To build log collection, monitoring aggregation, and real-time analysis pipelines on E-MapReduce (EMR), you can import data from Apache Kafka into JindoFileSystem (JindoFS). Three methods are supported: Apache Flume, Kafka API (MapReduce or Spark), and Kafka HDFS Connector.
Choose an import method
| Method | Best for | Configuration effort |
|---|---|---|
| Apache Flume (recommended) | General-purpose log and event ingestion | Low — configure a sink in the Flume agent file |
| Kafka API (MapReduce or Spark) | Jobs already using MapReduce or Spark for processing | Low — set the output path to a JindoFS directory |
| Kafka HDFS Connector | Kafka Connect-based pipelines | Medium — configure the connector sink path |
Use Apache Flume
Apache Flume moves data into Hadoop Distributed File System (HDFS). Because JindoFS exposes an HDFS-compatible interface, you can direct the Flume HDFS sink to a JindoFS path without modifying the Flume agent.
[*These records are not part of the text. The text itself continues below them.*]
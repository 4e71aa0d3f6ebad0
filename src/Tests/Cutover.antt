-- ===== src/Tests/Cutover.antt =====
-- The change of the financial engine of a legal entity, with a signer whose signature is the text.
use eclipse_erp.Base.{ℕ, ◌≡◌, refl, true, none, some, List, [], ◌∷◌, ◌++◌, arith, subst}
use eclipse_erp.Base.Effect.{ok}
use eclipse_erp.Text.{Text, codes, text_eq, text_eq_refl, non_empty_string, currency_code}
use eclipse_erp.Text.Decimal.{print}
use eclipse_erp.Dict.{lookup, insert}
use eclipse_erp.Kernel.Amount.{is_minor_amount, span_digits}
use eclipse_erp.Authorization.Capabilities.{is_capability, capability_ids}
use eclipse_erp.Authorization.Service.{
  Principal, Decision, membership_key, has_grant, add_grant, authorize, with_initial_grants,
  GrantInput,
}
use eclipse_erp.Messaging.Events.{
  Platform, after_template, is_zone, is_fraction_zone, iso_timestamp, instant_string,
}
use eclipse_erp.Sales.Service as Sales
use eclipse_erp.Accounting.Evidence.{
  cutover_rehearsal, fenced, Evidence, is_hash, valid_evidence, Artifact, Field, kind_name,
  completeness_name, canonical, Signer, Keys, hash_of,
}
use eclipse_erp.Accounting.Data.{
  postgresql, CutoverStatus, preparing, Control, CutoverInput, RecordArtifactInput, ApproveInput,
  ConfigureInput, World,
}
use eclipse_erp.Accounting.Setup.{
  colon, permit, new_control, test_control, configure_legal_entity, prepare_cutover,
  activate_cutover,
}
use eclipse_erp.Accounting.Cutover.{
  new_artifact, approved_control, check_signature, no_verifier, refusal, store_artifact,
  record_artifact, approve_prepared, approve_control, approve_cutover,
}
use eclipse_erp.Accounting.Cutover.Controls.{valid_control, IsControlled, operations-IsControlled}
use eclipse_erp.Accounting.Cutover.Approved.{
  IsApprovedBy, approve_cutover-verified, approve_cutover-any_tenant,
}
use eclipse_erp.Accounting.Cutover.Recorded.{IsKeys, approval_of, recorded-approves}
use eclipse_erp.Tests.Messaging.{platform}

abbrev clock : Platform ℕ
clock = record platform { iso_string = λ n. codes "2026-01-02T03:04:05.678Z" }

abbrev signer : Signer
signer = record { key_id = codes "k1"; verify = λ m g. some (text_eq m g); sign = λ m. some m }

unfoldable names : List (Text × Field) → Text
names [] = []
names ((n, f) ∷ fs) = n ++ names fs

abbrev keys : Keys
keys = record {
  signer = some signer;
  keyring = none;
  bytes = λ s. s;
  encode = λ b. b;
  decode = λ s. some s;
  digest = names;
}

keys-IsKeys : IsKeys keys
keys-IsKeys = record {
  decodes = λ b. refl;
  verifies = λ s m g here signed. verifies s m g (ground (arith, here)) signed;
  holds = λ s v m g here there signed. absurd (ground (arith, there));
}
  where
    verifies :
        (s : Signer) (m g : List ℕ) → signer ≡ s → s.sign m ≡ some g → s.verify m g ≡ some true
    verifies s m g is =
        subst (λ x. x.sign m ≡ some g → x.verify m g ≡ some true) is
          (λ e. ground (arith, e, text_eq_refl m))

abbrev hex : Text
hex = codes "0123456789abcdef0123456789abcdef0123456789abcdef0123456789abcdef"

abbrev day : Text
day = codes "2026-01-02T03:04:05.678Z"

abbrev evidence : Evidence
evidence = record {
  tenant_id = codes "t";
  legal_entity_id = codes "le";
  kind = cutover_rehearsal;
  completeness = fenced;
  scope = codes "all";
  schema_version = 1;
  mapping_version = 1;
  currency = codes "EUR";
  source_watermark = codes "w1";
  target_watermark = codes "w2";
  source_snapshot_ref = codes "s1";
  target_snapshot_ref = codes "s2";
  operation_set_hash = hex;
  account_balance_hash = hex;
  transfer_set_hash = hex;
  projection_hash = none;
  source_debit_minor = codes "100";
  source_credit_minor = codes "100";
  target_debit_minor = codes "100";
  target_credit_minor = codes "100";
  account_count = 2;
  operation_count = 1;
  transfer_count = 1;
  mismatch_count = 0;
  started_at = day;
  completed_at = day;
}

abbrev ann : Principal
ann = record { user_account_id = codes "ann"; session_id = codes "s" }

abbrev may : Text → GrantInput
may capability = record {
  user_account_id = codes "ann";
  tenant_id = codes "t";
  capability = capability;
}

abbrev sold : Sales.World ℕ
sold = record {
  authorization =
      with_initial_grants
        (may (codes "accounting.financial_engine.activate")
          ∷ (may (codes "accounting.financial_evidence.record") ∷ []))
        (record { memberships = []; grants = [] });
  messaging = record { events = []; event_ids = []; receipts = []; clock = 0 };
  customers = [];
  quotations = [];
  orders = [];
  confirmation_keys = [];
}

abbrev under_way : Control
under_way = record (new_control (codes "t") (codes "le")) { status = preparing }

abbrev firm : World ℕ
firm = record {
  sales = sold;
  configurations =
      (
        codes "t:le",
        record {
          tenant_id = codes "t";
          legal_entity_id = codes "le";
          base_currency = codes "EUR";
          fiscal_year_start_month = 1;
          posting_enabled = true;
          financial_engine = postgresql;
        },
      )
      ∷ [];
  profiles = [];
  periods = [];
  accounts = [];
  journals = [];
  controls = (codes "t:le", under_way) ∷ [];
  artifacts = [];
}

abbrev recording : RecordArtifactInput
recording = record { principal = ann; tenant_id = codes "t"; evidence = evidence }

abbrev artifact : Artifact
artifact = new_artifact clock keys recording (codes "k1") (hash_of keys evidence) (codes "f1") 5

abbrev recorded : World ℕ
recorded = (record_artifact clock keys recording (codes "f1") 5 firm).1

abbrev approval : ApproveInput
approval = approval_of recording ann (codes "f1")

abbrev agreed : Control
agreed = approved_control clock approval artifact 6 under_way

abbrev decision : Decision
decision = record {
  tenant_id = codes "t";
  capability = codes "accounting.financial_engine.activate";
}

running : ℕ
unfolding names with_initial_grants authorize is_capability capability_ids membership_key has_grant
    add_grant instant_string iso_timestamp is_fraction_zone is_zone after_template span_digits print
    non_empty_string currency_code is_minor_amount is_hash valid_evidence kind_name
    completeness_name canonical lookup insert text_eq permit test_control check_signature
    no_verifier refusal store_artifact record_artifact approve_prepared approve_control
    approve_cutover valid_control
running = 0

recording_test : record_artifact clock keys recording (codes "f1") 5 firm ≡ (ok artifact, recorded)
unfolding running
recording_test = refl

permitted :
    permit ann (codes "t") (codes "accounting.financial_engine.activate") recorded ≡ ok decision
unfolding running
permitted = refl

there : lookup (colon (codes "t") (codes "le")) recorded.controls ≡ some under_way
unfolding running
there = refl

recorded-approves_example : (approve_cutover clock keys approval 6 recorded).0 ≡ ok agreed
recorded-approves_example =
    recorded-approves clock keys recording (codes "f1") 5 artifact firm recorded keys-IsKeys
      recording_test refl refl refl ann decision under_way 6 permitted there refl

firm-IsControlled : IsControlled firm
unfolding running
firm-IsControlled = refl

operations-IsControlled_example :
    ((i : ConfigureInput) → IsControlled (configure_legal_entity i firm).1)
    × ((i : CutoverInput) → IsControlled (prepare_cutover clock.is_uuid i firm).1)
    × ((i : RecordArtifactInput) (id : Text) (now : ℕ)
        → IsControlled (record_artifact clock keys i id now firm).1)
    × ((i : ApproveInput) (now : ℕ) → IsControlled (approve_cutover clock keys i now firm).1)
    × ((i : CutoverInput) → IsControlled (activate_cutover clock.is_uuid i firm).1)
operations-IsControlled_example = operations-IsControlled clock keys firm firm-IsControlled

abbrev switched : World ℕ
switched = (approve_cutover clock keys approval 6 recorded).1

approving_test : approve_cutover clock keys approval 6 recorded ≡ (ok agreed, switched)
unfolding running
approving_test = refl

approve_cutover-verified_example :
    (a : Artifact) × IsApprovedBy clock keys approval recorded a
    × (agreed.status ≡ CutoverStatus.approved)
    × (agreed.verification_hash ≡ some a.artifact_hash)
    × (agreed.cutover_watermark ≡ some a.evidence.target_watermark)
    × (lookup (colon (codes "t") (codes "le")) switched.controls ≡ some agreed)
approve_cutover-verified_example =
    approve_cutover-verified clock keys approval 6 agreed under_way recorded switched there refl
      approving_test

stored : lookup (codes "f1") recorded.artifacts ≡ some artifact
unfolding running
stored = refl

approve_cutover-any_tenant_example :
    (approve_cutover clock keys approval 6 (record recorded {
      artifacts =
          insert (codes "f1") (record artifact { tenant_id = codes "other" }) recorded.artifacts;
    })).0
    ≡ (approve_cutover clock keys approval 6 recorded).0
approve_cutover-any_tenant_example =
    approve_cutover-any_tenant clock keys approval 6 artifact (codes "other") recorded stored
Set jfs.type to hdfs and jfs.hdfs.path to a directory in JindoFS:
a1.sinks = emr-jfs
...
a1.sinks.emr-jfs.type = hdfs
a1.sinks.emr-jfs.hdfs.path = jfs://emr-jfs/kafka/%{topic}/%y-%m-%d
a1.sinks.emr-jfs.hdfs.rollInterval = 10
a1.sinks.emr-jfs.hdfs.rollSize = 0
a1.sinks.emr-jfs.hdfs.rollCount = 0
a1.sinks.emr-jfs.hdfs.fileType = DataStreamUse a Kafka API
Engines such as MapReduce and Spark call a Kafka API to read from Kafka and write to HDFS. To write to JindoFS instead, reference HDFS in your job and set the export path to a JindoFS directory:
jfs://emr-jfs/<your-output-path>Replace <your-output-path> with the target directory in JindoFS.
Use Kafka HDFS Connector
The Kafka HDFS Connector exports data from Kafka topics to HDFS. To write to JindoFS, set the sink export path to a JindoFS directory:
jfs://emr-jfs/<your-output-path>Replace <your-output-path> with the target directory in JindoFS.